Hence the tensors satisfy

$T_{r+1}=T_r+\mathcal T_{A_r}(T_r),$

where \(\mathcal T_M\) means: apply the matrix \(M\) in each of the three tensor slots. By definition,

$\langle \mathcal T_M(T),x^{\otimes 3}\rangle=\langle T,(Mx)^{\otimes 3}\rangle.$

This is the tensor analogue of the usual doubling identity for prefix sums.

Worked Example

For \(n=4\), every pair of stones is at distance at most \(3\), so \(G_4\) is the complete graph \(K_4\).
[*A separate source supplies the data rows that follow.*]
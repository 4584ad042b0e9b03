-- ===== src/CrossDomain/Engine/Chain.antt =====
-- `_build_attack_chain` of correlation_engine.py: the stages of a cluster, in the order cloud, transition,
-- admission, runtime.
pub mod Order
use cloud_native_threat_guar.Prelude.{
  ℕ, ◌+◌, String, Bool, true, false, not, ◌&&◌, ◌||◌, Option, none, some, List, [], ◌∷◌, ◌++◌,
  is_empty, length, leb, min, max, if◌then◌else◌,
}
use cloud_native_threat_guar.Prelude.Points.{points, round_tenth}
use cloud_native_threat_guar.Prelude.Sort.{sort_by}
use cloud_native_threat_guar.Prelude.Text.{truthy, concat}
use cloud_native_threat_guar.CrossDomain.Event.{high, UnifiedSecurityEvent, or_option, or_text}
use cloud_native_threat_guar.CrossDomain.Mapping.{MappingMechanism, IdentityBinding}
use cloud_native_threat_guar.CrossDomain.Engine.{
  Domain, cloud_iam, eks_access_transition, k8s_admission, k8s_runtime, Stage,
  CorrelatedAttackChain, CorrelatedCluster,
}

abbrev pub is_text : Option String → Bool
is_text none = false
is_text (some s) = truthy s

-- The local variables `stages`, `event_ids` and `scores`.
pub record Building : Type 0 where
  pub stages : List Stage
  pub event_ids : List String
  pub scores : List ℕ

abbrev pub nothing_built : Building
nothing_built = record { stages = []; event_ids = []; scores = [] }

-- `len(stages) + 1` is the number of the new stage.
abbrev pub add_stage : (ℕ → Stage) → List Stage → List Stage
add_stage stage stages = stages ++ stage (length stages + 1) ∷ []

unfoldable pub add_events :
    (UnifiedSecurityEvent → ℕ → Stage) → Building → List UnifiedSecurityEvent → Building
add_events stage b [] = b
add_events stage b (ev ∷ events) =
    add_events stage
      (record {
        stages = add_stage (stage ev) b.stages;
        event_ids = b.event_ids ++ ev.event_id ∷ [];
        scores = b.scores ++ ev.risk_score ∷ [];
      })
      events

-- The updates of `principal` and of `workload` in the loops: a value that is missing or empty is
-- replaced by the first one that is not.
unfoldable pub fill :
    (UnifiedSecurityEvent → Option String)
    → Option String
    → List UnifiedSecurityEvent
    → Option String
fill field value [] = value
fill field value (ev ∷ events) =
    fill field (if not (is_text value) && is_text (field ev) then field ev else value) events

abbrev pub iam_stage : UnifiedSecurityEvent → ℕ → Stage
iam_stage ev n = record {
  step = n;
  domain = cloud_iam;
  event_id = some ev.event_id;
  mechanism = none;
  action = some (or_text ev.action "IAM Access");
  entity = or_option ev.principal_arn ev.principal_id;
  description = ev.description;
  severity = ev.severity;
}

abbrev pub admission_stage : UnifiedSecurityEvent → ℕ → Stage
admission_stage ev n = record {
  step = n;
  domain = k8s_admission;
  event_id = some ev.event_id;
  mechanism = none;
  action = some (or_text ev.action "admission_blocked");
  entity = or_option ev.pod ev.workload;
  description = ev.description;
  severity = ev.severity;
}

abbrev pub runtime_stage : UnifiedSecurityEvent → ℕ → Stage
runtime_stage ev n = record {
  step = n;
  domain = k8s_runtime;
  event_id = some ev.event_id;
  mechanism = none;
  action = some (or_text ev.action "runtime_activity");
  entity = or_option ev.pod ev.workload;
  description = ev.description;
  severity = ev.severity;
}

unfoldable pub max_score : List ℕ → ℕ
max_score [] = 0
max_score (s ∷ scores) = max s (max_score scores)

abbrev pub is_cross : CorrelatedCluster → Bool
is_cross c =
    not (is_empty c.iam_events)
    && (not (is_empty c.runtime_events) || not (is_empty c.admission_events))

unfoldable pub composite_of : Bool → ℕ → List ℕ → ℕ
unfolding max_score round_tenth
composite_of cross stages scores = round_tenth (
    if cross && leb 3 stages
    then min (points 100) (max_score scores + points 5)
    else max_score scores)

abbrev pub first_pod : List UnifiedSecurityEvent → Option String
first_pod [] = none
first_pod (ev ∷ events) = ev.pod

abbrev pub of_binding {ℓ} :
    {A : Type ℓ} → Option IdentityBinding → (IdentityBinding → Option A) → Option A
of_binding none f = none
of_binding (some b) f = f b

-- `format_mechanism` is Python's formatting of the enum in an f-string, which depends on the version.
module _ (format_mechanism : MappingMechanism → String) where
  transition_stage : IdentityBinding → ℕ → Stage
  transition_stage b n = record {
    step = n;
    domain = eks_access_transition;
    event_id = none;
    mechanism = some b.mapping_mechanism;
    action = none;
    entity = some (concat (b.cloud_identity ∷ " -> " ∷ b.namespace ∷ "/" ∷ b.service_account ∷ []));
    description = concat (
        "Cloud IAM identity assumed access to Kubernetes ServiceAccount via "
        ∷ format_mechanism b.mapping_mechanism
        ∷ []);
    severity = high;
  }

  -- Stage 2 stands only in a cluster with a binding, cloud events and events of the cluster.
  add_transition : CorrelatedCluster → Option IdentityBinding → Building → Building
  add_transition c none b = b
  add_transition c (some binding) b =
      if is_cross c then record b { stages = add_stage (transition_stage binding) b.stages } else b

  unfoldable pub build_stages : CorrelatedCluster → Building
  unfolding add_events add_transition transition_stage
  build_stages c =
      let cloud = add_events iam_stage nothing_built c.iam_events in
      let access = add_transition c c.binding cloud in
      let admitted = add_events admission_stage access c.admission_events in
      add_events runtime_stage admitted (sort_by (λ ev. ev.timestamp) c.runtime_events)

  unfoldable pub build_attack_chain : CorrelatedCluster → CorrelatedAttackChain
  unfolding build_stages fill composite_of
  build_attack_chain c =
      let b = build_stages c in
      record {
        title =
            if is_cross c
            then "Multi-Stage Cross-Domain Attack Chain"
            else "Kubernetes Workload Security Threat";
        cloud_principal = fill (λ ev. ev.principal_arn) none c.iam_events;
        cloud_role = of_binding c.binding (λ binding. some binding.cloud_identity);
        kubernetes_cluster = of_binding c.binding (λ binding. some binding.cluster);
        kubernetes_workload =
            fill (λ ev. ev.workload) (of_binding c.binding (λ binding. binding.workload))
              (sort_by (λ ev. ev.timestamp) c.runtime_events);
        kubernetes_pod = first_pod c.runtime_events;
        service_account = of_binding c.binding (λ binding. some binding.service_account);
        stages = b.stages;
        event_ids = b.event_ids;
        composite_risk = composite_of (is_cross c) (length b.stages) b.scores;
        is_cross_domain = is_cross c;
      }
To count routes from \(1\) to \(4\), we only need to place stones \(2\) and \(3\) in the middle while preserving a Hamiltonian path. The two valid routes are

$1,2,3,4 \qquad \text{and} \qquad 1,3,2,4,$

so

$f(4)=2.$

The implementations also verify the checkpoints

$f(6)=14,\qquad f(10)=254,$

$S(10)=18230635,$

and

$S(1000)\equiv 225031475 \pmod{10^9}.$

These values are strong consistency checks for both the transfer matrix and the tensor-doubling sum.

How the Code Works

The C++, Python, and Java implementations all follow the same structure. First they expand the first few stones explicitly, because the frontier size is still growing and the left endpoint has special degree requirements. After this warm-up they enumerate every reachable canonical frontier state and build the stationary transition matrix.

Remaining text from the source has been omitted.